Exercise goal: Extract the lines that carry the string "number" from the listing.

Data provided:
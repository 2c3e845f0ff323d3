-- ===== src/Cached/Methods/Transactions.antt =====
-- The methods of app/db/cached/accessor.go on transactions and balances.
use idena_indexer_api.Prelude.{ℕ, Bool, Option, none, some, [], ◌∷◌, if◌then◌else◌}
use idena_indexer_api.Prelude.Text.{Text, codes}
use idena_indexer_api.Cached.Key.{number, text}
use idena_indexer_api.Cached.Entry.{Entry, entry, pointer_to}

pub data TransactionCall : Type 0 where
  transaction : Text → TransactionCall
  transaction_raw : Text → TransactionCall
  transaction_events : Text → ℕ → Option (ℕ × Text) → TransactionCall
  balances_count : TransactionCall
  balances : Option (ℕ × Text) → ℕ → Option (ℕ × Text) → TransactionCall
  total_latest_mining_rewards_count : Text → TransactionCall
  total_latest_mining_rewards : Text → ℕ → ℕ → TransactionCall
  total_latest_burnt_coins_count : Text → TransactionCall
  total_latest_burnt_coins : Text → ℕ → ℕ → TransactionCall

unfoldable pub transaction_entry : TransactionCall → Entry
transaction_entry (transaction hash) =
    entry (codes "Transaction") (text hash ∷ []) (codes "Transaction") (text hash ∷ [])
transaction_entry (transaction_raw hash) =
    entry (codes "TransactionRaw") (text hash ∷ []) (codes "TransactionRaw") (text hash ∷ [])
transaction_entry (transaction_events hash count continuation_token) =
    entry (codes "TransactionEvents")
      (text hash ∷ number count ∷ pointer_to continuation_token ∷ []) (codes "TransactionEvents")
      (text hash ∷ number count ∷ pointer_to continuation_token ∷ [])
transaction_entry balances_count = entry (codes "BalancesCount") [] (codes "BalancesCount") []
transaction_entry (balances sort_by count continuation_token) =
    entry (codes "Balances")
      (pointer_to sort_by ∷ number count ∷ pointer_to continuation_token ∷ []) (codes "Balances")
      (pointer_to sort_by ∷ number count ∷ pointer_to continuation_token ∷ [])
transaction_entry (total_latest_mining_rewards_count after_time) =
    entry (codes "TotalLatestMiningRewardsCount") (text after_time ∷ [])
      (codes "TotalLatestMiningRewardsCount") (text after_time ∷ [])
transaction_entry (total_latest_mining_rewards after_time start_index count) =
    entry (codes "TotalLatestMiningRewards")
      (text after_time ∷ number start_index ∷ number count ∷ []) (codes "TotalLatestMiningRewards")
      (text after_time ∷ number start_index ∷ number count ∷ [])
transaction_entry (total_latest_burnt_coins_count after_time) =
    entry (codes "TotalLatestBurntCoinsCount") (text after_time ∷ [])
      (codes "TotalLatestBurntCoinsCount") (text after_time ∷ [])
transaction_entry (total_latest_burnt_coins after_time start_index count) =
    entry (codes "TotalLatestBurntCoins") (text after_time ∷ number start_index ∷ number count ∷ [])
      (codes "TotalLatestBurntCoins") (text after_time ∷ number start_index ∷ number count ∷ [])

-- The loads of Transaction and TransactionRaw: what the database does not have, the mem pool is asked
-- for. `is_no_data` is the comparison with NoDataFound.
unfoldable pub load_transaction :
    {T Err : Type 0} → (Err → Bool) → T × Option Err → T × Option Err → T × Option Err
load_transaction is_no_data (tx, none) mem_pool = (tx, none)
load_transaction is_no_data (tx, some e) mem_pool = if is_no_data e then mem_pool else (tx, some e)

Output for this task:
use idena_indexer_api.Cached.Key.{number, text}
      (text hash ∷ number count ∷ pointer_to continuation_token ∷ []) (codes "TransactionEvents")
      (text hash ∷ number count ∷ pointer_to continuation_token ∷ [])
      (pointer_to sort_by ∷ number count ∷ pointer_to continuation_token ∷ []) (codes "Balances")
      (pointer_to sort_by ∷ number count ∷ pointer_to continuation_token ∷ [])
      (text after_time ∷ number start_index ∷ number count ∷ []) (codes "TotalLatestMiningRewards")
      (text after_time ∷ number start_index ∷ number count ∷ [])
    entry (codes "TotalLatestBurntCoins") (text after_time ∷ number start_index ∷ number count ∷ [])
      (codes "TotalLatestBurntCoins") (text after_time ∷ number start_index ∷ number count ∷ [])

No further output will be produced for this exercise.